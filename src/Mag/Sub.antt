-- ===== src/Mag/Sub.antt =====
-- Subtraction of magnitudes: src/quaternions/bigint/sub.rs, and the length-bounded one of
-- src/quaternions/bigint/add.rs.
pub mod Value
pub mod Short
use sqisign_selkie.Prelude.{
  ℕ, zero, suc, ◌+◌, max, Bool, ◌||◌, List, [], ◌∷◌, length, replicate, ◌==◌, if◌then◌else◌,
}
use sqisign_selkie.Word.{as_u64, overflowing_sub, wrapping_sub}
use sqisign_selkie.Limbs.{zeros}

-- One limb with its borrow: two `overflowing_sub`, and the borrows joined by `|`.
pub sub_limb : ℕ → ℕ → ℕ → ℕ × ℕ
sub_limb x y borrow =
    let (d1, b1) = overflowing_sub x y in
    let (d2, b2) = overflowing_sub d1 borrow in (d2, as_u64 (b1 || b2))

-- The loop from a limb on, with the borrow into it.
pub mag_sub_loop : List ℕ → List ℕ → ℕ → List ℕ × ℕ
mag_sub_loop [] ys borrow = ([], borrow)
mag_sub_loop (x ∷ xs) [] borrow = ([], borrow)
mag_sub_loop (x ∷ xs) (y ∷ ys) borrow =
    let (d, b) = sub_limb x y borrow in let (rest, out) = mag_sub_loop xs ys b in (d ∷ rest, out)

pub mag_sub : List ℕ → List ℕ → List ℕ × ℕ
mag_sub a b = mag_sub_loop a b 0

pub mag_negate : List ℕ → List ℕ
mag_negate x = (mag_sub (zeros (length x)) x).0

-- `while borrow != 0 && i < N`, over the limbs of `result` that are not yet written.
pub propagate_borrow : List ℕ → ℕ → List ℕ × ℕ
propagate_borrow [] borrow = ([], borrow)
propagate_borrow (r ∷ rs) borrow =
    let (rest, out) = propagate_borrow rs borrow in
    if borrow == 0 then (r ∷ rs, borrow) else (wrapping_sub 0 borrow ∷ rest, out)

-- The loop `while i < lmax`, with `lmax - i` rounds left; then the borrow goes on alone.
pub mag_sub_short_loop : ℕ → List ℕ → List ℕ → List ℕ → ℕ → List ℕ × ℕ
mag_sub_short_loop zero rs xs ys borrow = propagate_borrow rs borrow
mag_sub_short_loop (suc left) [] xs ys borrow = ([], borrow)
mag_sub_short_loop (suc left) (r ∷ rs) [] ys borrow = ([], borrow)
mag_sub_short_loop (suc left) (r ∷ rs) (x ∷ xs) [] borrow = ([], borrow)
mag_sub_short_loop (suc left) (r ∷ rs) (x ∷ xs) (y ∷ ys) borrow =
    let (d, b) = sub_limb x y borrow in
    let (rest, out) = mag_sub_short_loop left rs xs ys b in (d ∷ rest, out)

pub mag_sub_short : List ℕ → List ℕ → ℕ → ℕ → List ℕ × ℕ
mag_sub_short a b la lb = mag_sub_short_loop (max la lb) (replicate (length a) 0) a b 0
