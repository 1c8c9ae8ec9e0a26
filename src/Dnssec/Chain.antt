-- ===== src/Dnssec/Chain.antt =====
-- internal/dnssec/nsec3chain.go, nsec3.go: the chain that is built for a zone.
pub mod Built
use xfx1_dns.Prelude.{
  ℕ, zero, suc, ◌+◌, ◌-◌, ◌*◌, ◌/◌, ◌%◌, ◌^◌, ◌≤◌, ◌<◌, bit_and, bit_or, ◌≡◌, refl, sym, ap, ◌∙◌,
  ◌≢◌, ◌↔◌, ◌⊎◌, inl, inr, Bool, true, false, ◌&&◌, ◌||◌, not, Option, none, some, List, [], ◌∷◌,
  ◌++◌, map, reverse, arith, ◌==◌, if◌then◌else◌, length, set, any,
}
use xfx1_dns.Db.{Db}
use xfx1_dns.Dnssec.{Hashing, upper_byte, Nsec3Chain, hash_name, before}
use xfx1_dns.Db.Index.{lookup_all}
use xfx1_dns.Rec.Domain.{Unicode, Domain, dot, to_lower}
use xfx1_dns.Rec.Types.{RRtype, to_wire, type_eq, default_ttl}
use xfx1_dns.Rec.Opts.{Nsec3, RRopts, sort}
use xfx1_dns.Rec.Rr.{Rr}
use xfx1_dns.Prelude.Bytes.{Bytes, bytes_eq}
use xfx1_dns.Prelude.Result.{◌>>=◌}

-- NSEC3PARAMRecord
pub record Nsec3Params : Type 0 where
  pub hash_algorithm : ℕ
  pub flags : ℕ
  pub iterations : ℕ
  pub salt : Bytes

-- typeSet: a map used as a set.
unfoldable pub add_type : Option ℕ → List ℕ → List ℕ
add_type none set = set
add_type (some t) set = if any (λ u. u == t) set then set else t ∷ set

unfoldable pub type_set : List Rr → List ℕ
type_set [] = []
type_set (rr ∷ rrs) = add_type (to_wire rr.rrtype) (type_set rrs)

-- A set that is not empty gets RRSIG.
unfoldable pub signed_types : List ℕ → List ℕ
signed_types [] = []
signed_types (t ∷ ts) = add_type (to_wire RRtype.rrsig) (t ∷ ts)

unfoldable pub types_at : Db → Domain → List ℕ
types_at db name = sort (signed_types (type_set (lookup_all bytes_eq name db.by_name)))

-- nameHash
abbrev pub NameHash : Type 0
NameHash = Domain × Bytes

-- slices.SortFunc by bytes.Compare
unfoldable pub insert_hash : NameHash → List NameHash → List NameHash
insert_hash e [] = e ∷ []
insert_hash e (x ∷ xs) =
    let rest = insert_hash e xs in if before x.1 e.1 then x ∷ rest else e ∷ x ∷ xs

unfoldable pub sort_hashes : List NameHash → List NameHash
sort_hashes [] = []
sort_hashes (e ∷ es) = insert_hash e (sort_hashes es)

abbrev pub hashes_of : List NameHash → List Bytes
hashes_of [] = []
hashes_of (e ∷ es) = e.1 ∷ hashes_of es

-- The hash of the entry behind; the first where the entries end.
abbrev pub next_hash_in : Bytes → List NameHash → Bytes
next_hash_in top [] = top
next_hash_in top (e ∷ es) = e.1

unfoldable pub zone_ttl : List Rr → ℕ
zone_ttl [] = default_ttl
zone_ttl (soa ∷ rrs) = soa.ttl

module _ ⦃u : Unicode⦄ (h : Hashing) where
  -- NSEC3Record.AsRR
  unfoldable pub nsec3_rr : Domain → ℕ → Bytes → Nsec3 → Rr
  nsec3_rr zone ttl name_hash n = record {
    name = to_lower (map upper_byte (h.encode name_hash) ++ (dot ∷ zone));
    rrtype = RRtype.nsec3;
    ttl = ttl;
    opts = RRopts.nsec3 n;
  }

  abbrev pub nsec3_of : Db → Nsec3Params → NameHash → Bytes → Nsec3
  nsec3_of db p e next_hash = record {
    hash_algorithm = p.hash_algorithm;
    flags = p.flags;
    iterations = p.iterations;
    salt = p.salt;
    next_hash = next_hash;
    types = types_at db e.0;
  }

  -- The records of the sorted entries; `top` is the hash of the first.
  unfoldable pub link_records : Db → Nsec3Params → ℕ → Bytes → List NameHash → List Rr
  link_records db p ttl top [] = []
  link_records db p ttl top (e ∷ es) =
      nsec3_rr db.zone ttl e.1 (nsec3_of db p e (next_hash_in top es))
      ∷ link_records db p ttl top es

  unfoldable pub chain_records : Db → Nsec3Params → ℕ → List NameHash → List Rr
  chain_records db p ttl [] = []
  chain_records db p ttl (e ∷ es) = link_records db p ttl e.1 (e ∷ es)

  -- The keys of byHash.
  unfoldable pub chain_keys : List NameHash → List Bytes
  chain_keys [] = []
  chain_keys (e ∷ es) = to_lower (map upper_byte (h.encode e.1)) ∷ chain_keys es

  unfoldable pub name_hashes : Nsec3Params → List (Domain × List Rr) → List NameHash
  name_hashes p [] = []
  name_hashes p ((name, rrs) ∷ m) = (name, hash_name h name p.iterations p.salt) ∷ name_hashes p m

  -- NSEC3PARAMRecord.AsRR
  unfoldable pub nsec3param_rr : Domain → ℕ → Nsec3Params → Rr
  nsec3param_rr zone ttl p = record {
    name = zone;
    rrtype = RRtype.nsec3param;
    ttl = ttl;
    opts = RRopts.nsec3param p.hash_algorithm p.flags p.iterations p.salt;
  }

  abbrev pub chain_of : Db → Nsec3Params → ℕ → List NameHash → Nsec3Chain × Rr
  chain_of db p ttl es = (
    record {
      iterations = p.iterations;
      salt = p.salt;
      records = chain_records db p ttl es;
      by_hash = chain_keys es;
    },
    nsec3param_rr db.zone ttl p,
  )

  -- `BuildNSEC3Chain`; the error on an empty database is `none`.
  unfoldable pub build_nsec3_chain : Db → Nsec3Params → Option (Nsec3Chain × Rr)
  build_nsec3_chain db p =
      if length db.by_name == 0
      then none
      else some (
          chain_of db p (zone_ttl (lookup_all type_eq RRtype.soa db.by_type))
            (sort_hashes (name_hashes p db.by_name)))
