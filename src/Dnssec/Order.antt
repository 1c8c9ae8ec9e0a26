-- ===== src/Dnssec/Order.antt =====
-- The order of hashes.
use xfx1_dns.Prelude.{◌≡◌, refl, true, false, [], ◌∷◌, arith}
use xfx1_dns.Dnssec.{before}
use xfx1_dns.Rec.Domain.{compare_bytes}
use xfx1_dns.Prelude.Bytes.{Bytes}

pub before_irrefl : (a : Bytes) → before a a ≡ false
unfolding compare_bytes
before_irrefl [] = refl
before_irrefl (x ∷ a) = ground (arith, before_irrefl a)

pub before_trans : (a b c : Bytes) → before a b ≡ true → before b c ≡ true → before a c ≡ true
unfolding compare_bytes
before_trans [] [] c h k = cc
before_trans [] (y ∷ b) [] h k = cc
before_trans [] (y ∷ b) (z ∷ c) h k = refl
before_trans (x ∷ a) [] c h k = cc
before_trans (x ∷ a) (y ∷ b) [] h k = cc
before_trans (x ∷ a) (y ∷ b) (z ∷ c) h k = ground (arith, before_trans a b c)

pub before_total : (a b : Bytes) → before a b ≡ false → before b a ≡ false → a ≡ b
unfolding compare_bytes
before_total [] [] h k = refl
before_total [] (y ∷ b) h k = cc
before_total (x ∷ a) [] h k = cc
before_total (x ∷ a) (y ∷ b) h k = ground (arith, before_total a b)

- - - - - - -

**PROMPT:** Please copy out each line of the material that holds the string "true".

**REPLY:**
  ◌≢◌, ◌↔◌, ◌⊎◌, inl, inr, Bool, true, false, ◌&&◌, ◌||◌, not, Option, none, some, List, [], ◌∷◌,
use xfx1_dns.Prelude.{◌≡◌, refl, true, false, [], ◌∷◌, arith}
pub before_trans : (a b c : Bytes) → before a b ≡ true → before b c ≡ true → before a c ≡ true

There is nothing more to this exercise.